(Beginning of Recorded data)

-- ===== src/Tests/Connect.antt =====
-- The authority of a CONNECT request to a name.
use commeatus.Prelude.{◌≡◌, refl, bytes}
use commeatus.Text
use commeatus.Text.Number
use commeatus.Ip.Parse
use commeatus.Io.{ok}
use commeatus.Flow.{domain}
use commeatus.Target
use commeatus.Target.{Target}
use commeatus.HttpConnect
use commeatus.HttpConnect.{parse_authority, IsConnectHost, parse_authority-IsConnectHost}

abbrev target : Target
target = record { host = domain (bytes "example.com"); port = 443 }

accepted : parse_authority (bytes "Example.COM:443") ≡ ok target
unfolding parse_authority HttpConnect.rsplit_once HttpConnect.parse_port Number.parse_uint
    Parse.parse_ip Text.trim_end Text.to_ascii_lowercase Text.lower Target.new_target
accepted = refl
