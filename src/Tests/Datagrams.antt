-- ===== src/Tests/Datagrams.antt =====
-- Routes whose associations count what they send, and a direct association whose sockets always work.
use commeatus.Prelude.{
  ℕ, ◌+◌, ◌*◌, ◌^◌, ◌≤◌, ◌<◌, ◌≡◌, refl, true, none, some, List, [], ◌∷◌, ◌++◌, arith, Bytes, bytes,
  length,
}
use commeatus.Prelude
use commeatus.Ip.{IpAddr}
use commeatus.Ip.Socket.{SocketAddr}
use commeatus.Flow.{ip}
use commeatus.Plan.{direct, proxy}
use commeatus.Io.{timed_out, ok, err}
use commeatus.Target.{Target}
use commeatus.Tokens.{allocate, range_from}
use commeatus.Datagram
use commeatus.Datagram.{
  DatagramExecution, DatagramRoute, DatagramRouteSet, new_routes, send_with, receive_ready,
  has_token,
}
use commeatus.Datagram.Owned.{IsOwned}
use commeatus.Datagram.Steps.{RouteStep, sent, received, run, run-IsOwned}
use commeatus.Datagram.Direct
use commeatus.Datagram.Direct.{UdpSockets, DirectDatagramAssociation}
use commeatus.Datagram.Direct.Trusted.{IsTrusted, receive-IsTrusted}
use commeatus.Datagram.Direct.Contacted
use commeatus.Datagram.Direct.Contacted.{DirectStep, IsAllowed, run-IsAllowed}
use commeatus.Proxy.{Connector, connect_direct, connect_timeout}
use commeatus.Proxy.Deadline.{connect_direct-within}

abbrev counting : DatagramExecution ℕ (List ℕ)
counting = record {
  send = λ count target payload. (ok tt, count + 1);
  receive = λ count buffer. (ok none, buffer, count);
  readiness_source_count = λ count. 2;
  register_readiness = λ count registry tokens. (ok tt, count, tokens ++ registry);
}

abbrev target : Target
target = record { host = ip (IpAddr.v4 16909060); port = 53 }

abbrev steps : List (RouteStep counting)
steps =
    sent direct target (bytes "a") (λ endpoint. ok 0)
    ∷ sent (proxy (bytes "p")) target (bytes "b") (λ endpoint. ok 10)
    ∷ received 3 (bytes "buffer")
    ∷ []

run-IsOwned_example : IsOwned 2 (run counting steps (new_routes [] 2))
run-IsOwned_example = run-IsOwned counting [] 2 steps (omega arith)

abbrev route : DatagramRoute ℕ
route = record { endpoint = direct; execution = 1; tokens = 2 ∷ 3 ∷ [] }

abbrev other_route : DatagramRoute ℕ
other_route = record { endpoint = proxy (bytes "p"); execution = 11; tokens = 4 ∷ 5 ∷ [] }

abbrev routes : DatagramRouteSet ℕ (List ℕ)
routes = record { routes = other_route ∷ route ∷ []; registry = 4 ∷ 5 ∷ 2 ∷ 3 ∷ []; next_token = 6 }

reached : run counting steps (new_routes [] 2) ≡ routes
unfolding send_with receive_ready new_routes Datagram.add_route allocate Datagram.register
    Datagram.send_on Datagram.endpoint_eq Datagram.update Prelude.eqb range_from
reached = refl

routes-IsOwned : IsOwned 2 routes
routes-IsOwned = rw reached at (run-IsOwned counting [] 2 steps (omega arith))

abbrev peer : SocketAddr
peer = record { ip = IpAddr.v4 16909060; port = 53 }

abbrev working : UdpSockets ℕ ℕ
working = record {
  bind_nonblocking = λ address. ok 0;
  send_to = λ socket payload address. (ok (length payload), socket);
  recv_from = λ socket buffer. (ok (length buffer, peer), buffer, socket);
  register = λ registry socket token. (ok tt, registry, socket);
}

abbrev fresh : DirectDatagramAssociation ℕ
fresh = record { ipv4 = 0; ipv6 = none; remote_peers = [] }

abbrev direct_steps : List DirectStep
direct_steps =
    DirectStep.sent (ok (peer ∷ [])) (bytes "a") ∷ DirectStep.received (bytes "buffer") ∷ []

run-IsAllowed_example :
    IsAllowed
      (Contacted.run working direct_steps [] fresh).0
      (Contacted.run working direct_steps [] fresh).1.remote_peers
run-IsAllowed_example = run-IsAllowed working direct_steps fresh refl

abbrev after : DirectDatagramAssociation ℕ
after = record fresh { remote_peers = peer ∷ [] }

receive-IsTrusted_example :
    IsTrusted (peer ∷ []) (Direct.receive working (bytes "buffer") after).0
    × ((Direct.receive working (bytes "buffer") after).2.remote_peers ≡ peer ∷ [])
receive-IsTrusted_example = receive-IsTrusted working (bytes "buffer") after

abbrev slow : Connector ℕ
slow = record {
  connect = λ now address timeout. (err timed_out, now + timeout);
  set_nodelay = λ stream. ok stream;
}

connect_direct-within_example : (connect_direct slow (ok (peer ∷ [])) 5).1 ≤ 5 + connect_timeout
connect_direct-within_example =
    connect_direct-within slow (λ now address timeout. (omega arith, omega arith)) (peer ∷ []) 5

(End of Recorded data)

* Assignment
With nothing added or dropped, reproduce all the data exactly.

* Exercise solution
-- ===== src/Tests/Connect.antt =====
-- The authority of a CONNECT request to a name.
use commeatus.Prelude.{◌≡◌, refl, bytes}
use commeatus.Text
use commeatus.Text.Number
use commeatus.Ip.Parse
use commeatus.Io.{ok}
use commeatus.Flow.{domain}
use commeatus.Target
use commeatus.Target.{Target}
use commeatus.HttpConnect
use commeatus.HttpConnect.{parse_authority, IsConnectHost, parse_authority-IsConnectHost}

abbrev target : Target
target = record { host = domain (bytes "example.com"); port = 443 }

accepted : parse_authority (bytes "Example.COM:443") ≡ ok target
unfolding parse_authority HttpConnect.rsplit_once HttpConnect.parse_port Number.parse_uint
    Parse.parse_ip Text.trim_end Text.to_ascii_lowercase Text.lower Target.new_target
accepted = refl
filename src/Tests/Datagrams.antt
-- ===== src/Tests/Datagrams.antt =====
-- Routes whose associations count what they send, and a direct association whose sockets always work.
use commeatus.Prelude.{
  ℕ, ◌+◌, ◌*◌, ◌^◌, ◌≤◌, ◌<◌, ◌≡◌, refl, true, none, some, List, [], ◌∷◌, ◌++◌, arith, Bytes, bytes,
  length,
}
use commeatus.Prelude
use commeatus.Ip.{IpAddr}
use commeatus.Ip.Socket.{SocketAddr}
use commeatus.Flow.{ip}
use commeatus.Plan.{direct, proxy}
use commeatus.Io.{timed_out, ok, err}
use commeatus.Target.{Target}
use commeatus.Tokens.{allocate, range_from}
use commeatus.Datagram
use commeatus.Datagram.{
  DatagramExecution, DatagramRoute, DatagramRouteSet, new_routes, send_with, receive_ready,
  has_token,
}
use commeatus.Datagram.Owned.{IsOwned}
use commeatus.Datagram.Steps.{RouteStep, sent, received, run, run-IsOwned}
use commeatus.Datagram.Direct
use commeatus.Datagram.Direct.{UdpSockets, DirectDatagramAssociation}
use commeatus.Datagram.Direct.Trusted.{IsTrusted, receive-IsTrusted}
use commeatus.Datagram.Direct.Contacted
use commeatus.Datagram.Direct.Contacted.{DirectStep, IsAllowed, run-IsAllowed}
use commeatus.Proxy.{Connector, connect_direct, connect_timeout}
use commeatus.Proxy.Deadline.{connect_direct-within}

abbrev counting : DatagramExecution ℕ (List ℕ)
counting = record {
  send = λ count target payload. (ok tt, count + 1);
  receive = λ count buffer. (ok none, buffer, count);
  readiness_source_count = λ count. 2;
  register_readiness = λ count registry tokens. (ok tt, count, tokens ++ registry);
}

abbrev target : Target
target = record { host = ip (IpAddr.v4 16909060); port = 53 }

abbrev steps : List (RouteStep counting)
steps =
    sent direct target (bytes "a") (λ endpoint. ok 0)
    ∷ sent (proxy (bytes "p")) target (bytes "b") (λ endpoint. ok 10)
    ∷ received 3 (bytes "buffer")
    ∷ []

run-IsOwned_example : IsOwned 2 (run counting steps (new_routes [] 2))
run-IsOwned_example = run-IsOwned counting [] 2 steps (omega arith)

abbrev route : DatagramRoute ℕ
route = record { endpoint = direct; execution = 1; tokens = 2 ∷ 3 ∷ [] }

abbrev other_route : DatagramRoute ℕ
other_route = record { endpoint = proxy (bytes "p"); execution = 11; tokens = 4 ∷ 5 ∷ [] }

abbrev routes : DatagramRouteSet ℕ (List ℕ)
routes = record { routes = other_route ∷ route ∷ []; registry = 4 ∷ 5 ∷ 2 ∷ 3 ∷ []; next_token = 6 }

reached : run counting steps (new_routes [] 2) ≡ routes
unfolding send_with receive_ready new_routes Datagram.add_route allocate Datagram.register
    Datagram.send_on Datagram.endpoint_eq Datagram.update Prelude.eqb range_from
reached = refl

routes-IsOwned : IsOwned 2 routes
routes-IsOwned = rw reached at (run-IsOwned counting [] 2 steps (omega arith))

abbrev peer : SocketAddr
peer = record { ip = IpAddr.v4 16909060; port = 53 }

abbrev working : UdpSockets ℕ ℕ
working = record {
  bind_nonblocking = λ address. ok 0;
  send_to = λ socket payload address. (ok (length payload), socket);
  recv_from = λ socket buffer. (ok (length buffer, peer), buffer, socket);
  register = λ registry socket token. (ok tt, registry, socket);
}

abbrev fresh : DirectDatagramAssociation ℕ
fresh = record { ipv4 = 0; ipv6 = none; remote_peers = [] }

abbrev direct_steps : List DirectStep
direct_steps =
    DirectStep.sent (ok (peer ∷ [])) (bytes "a") ∷ DirectStep.received (bytes "buffer") ∷ []

run-IsAllowed_example :
    IsAllowed
      (Contacted.run working direct_steps [] fresh).0
      (Contacted.run working direct_steps [] fresh).1.remote_peers
run-IsAllowed_example = run-IsAllowed working direct_steps fresh refl

abbrev after : DirectDatagramAssociation ℕ
after = record fresh { remote_peers = peer ∷ [] }

receive-IsTrusted_example :
    IsTrusted (peer ∷ []) (Direct.receive working (bytes "buffer") after).0
    × ((Direct.receive working (bytes "buffer") after).2.remote_peers ≡ peer ∷ [])
receive-IsTrusted_example = receive-IsTrusted working (bytes "buffer") after

abbrev slow : Connector ℕ
slow = record {
  connect = λ now address timeout. (err timed_out, now + timeout);
  set_nodelay = λ stream. ok stream;
}

connect_direct-within_example : (connect_direct slow (ok (peer ∷ [])) 5).1 ≤ 5 + connect_timeout
connect_direct-within_example =
    connect_direct-within slow (λ now address timeout. (omega arith, omega arith)) (peer ∷ []) 5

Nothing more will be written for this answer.